**The problem**
Only certain lines below are wanted: those starting at the line containing "abbrev pub max_uint32 : ℕ" and ending at the line containing "unfoldable pub write_text", both included, each retyped exactly.

== Data for analysis ==

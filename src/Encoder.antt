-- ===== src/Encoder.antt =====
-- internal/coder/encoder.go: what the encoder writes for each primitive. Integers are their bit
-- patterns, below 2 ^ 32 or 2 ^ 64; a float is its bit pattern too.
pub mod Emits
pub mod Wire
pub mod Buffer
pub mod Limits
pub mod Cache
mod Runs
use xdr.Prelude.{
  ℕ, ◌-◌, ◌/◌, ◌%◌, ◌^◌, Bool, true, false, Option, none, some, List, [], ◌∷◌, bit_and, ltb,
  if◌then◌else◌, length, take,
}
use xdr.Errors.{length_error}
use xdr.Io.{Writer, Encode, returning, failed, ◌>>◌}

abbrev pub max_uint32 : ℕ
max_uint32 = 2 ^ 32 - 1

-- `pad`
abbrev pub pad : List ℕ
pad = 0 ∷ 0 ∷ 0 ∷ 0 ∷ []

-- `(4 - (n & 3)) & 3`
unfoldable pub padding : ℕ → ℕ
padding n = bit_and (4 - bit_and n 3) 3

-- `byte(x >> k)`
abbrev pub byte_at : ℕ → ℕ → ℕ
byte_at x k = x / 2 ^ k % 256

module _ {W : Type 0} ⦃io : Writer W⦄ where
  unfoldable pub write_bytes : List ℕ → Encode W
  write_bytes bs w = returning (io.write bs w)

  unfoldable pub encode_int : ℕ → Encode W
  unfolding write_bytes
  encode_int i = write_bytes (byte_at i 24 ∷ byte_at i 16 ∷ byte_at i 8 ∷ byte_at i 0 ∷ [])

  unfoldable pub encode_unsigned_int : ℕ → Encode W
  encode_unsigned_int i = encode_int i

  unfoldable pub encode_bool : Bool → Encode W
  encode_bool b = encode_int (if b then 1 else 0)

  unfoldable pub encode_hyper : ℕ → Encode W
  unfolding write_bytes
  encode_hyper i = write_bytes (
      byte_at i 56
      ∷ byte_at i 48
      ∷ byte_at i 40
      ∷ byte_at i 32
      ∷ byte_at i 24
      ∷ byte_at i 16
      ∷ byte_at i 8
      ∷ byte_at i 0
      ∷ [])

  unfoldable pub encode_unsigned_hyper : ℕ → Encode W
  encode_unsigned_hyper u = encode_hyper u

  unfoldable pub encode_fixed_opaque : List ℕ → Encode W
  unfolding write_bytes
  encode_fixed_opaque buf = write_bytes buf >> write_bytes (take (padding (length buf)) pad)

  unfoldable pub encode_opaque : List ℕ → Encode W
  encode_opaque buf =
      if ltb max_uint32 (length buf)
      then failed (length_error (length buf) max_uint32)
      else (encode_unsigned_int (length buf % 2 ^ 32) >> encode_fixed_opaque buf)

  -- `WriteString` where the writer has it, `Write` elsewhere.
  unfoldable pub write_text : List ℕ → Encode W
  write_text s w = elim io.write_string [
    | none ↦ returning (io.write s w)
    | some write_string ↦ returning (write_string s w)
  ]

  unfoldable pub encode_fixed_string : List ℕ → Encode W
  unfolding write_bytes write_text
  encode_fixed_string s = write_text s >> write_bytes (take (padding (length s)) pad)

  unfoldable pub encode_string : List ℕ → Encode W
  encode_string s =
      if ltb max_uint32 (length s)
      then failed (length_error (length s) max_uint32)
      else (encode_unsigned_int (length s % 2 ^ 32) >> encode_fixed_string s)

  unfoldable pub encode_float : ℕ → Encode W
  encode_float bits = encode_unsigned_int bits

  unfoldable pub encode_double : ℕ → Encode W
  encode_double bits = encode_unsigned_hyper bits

===
== Data for analysis ==

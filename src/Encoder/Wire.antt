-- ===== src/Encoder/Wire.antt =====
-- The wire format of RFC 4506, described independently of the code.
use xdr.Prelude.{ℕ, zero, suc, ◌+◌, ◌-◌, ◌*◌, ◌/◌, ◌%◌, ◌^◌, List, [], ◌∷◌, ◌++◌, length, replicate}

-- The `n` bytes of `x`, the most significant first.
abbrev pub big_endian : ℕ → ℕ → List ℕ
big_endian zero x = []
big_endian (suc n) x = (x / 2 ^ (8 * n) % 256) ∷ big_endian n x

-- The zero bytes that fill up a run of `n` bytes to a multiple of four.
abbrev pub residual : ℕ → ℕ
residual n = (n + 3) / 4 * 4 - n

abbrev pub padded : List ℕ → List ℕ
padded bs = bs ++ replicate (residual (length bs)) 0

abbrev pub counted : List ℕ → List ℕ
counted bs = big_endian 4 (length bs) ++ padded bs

===

**Task response**
abbrev pub max_uint32 : ℕ
max_uint32 = 2 ^ 32 - 1

-- `pad`
abbrev pub pad : List ℕ
pad = 0 ∷ 0 ∷ 0 ∷ 0 ∷ []

-- `(4 - (n & 3)) & 3`
unfoldable pub padding : ℕ → ℕ
padding n = bit_and (4 - bit_and n 3) 3

-- `byte(x >> k)`
abbrev pub byte_at : ℕ → ℕ → ℕ
byte_at x k = x / 2 ^ k % 256

module _ {W : Type 0} ⦃io : Writer W⦄ where
  unfoldable pub write_bytes : List ℕ → Encode W
  write_bytes bs w = returning (io.write bs w)

  unfoldable pub encode_int : ℕ → Encode W
  unfolding write_bytes
  encode_int i = write_bytes (byte_at i 24 ∷ byte_at i 16 ∷ byte_at i 8 ∷ byte_at i 0 ∷ [])

  unfoldable pub encode_unsigned_int : ℕ → Encode W
  encode_unsigned_int i = encode_int i

  unfoldable pub encode_bool : Bool → Encode W
  encode_bool b = encode_int (if b then 1 else 0)

  unfoldable pub encode_hyper : ℕ → Encode W
  unfolding write_bytes
  encode_hyper i = write_bytes (
      byte_at i 56
      ∷ byte_at i 48
      ∷ byte_at i 40
      ∷ byte_at i 32
      ∷ byte_at i 24
      ∷ byte_at i 16
      ∷ byte_at i 8
      ∷ byte_at i 0
      ∷ [])

  unfoldable pub encode_unsigned_hyper : ℕ → Encode W
  encode_unsigned_hyper u = encode_hyper u

  unfoldable pub encode_fixed_opaque : List ℕ → Encode W
  unfolding write_bytes
  encode_fixed_opaque buf = write_bytes buf >> write_bytes (take (padding (length buf)) pad)

  unfoldable pub encode_opaque : List ℕ → Encode W
  encode_opaque buf =
      if ltb max_uint32 (length buf)
      then failed (length_error (length buf) max_uint32)
      else (encode_unsigned_int (length buf % 2 ^ 32) >> encode_fixed_opaque buf)

  -- `WriteString` where the writer has it, `Write` elsewhere.
  unfoldable pub write_text : List ℕ → Encode W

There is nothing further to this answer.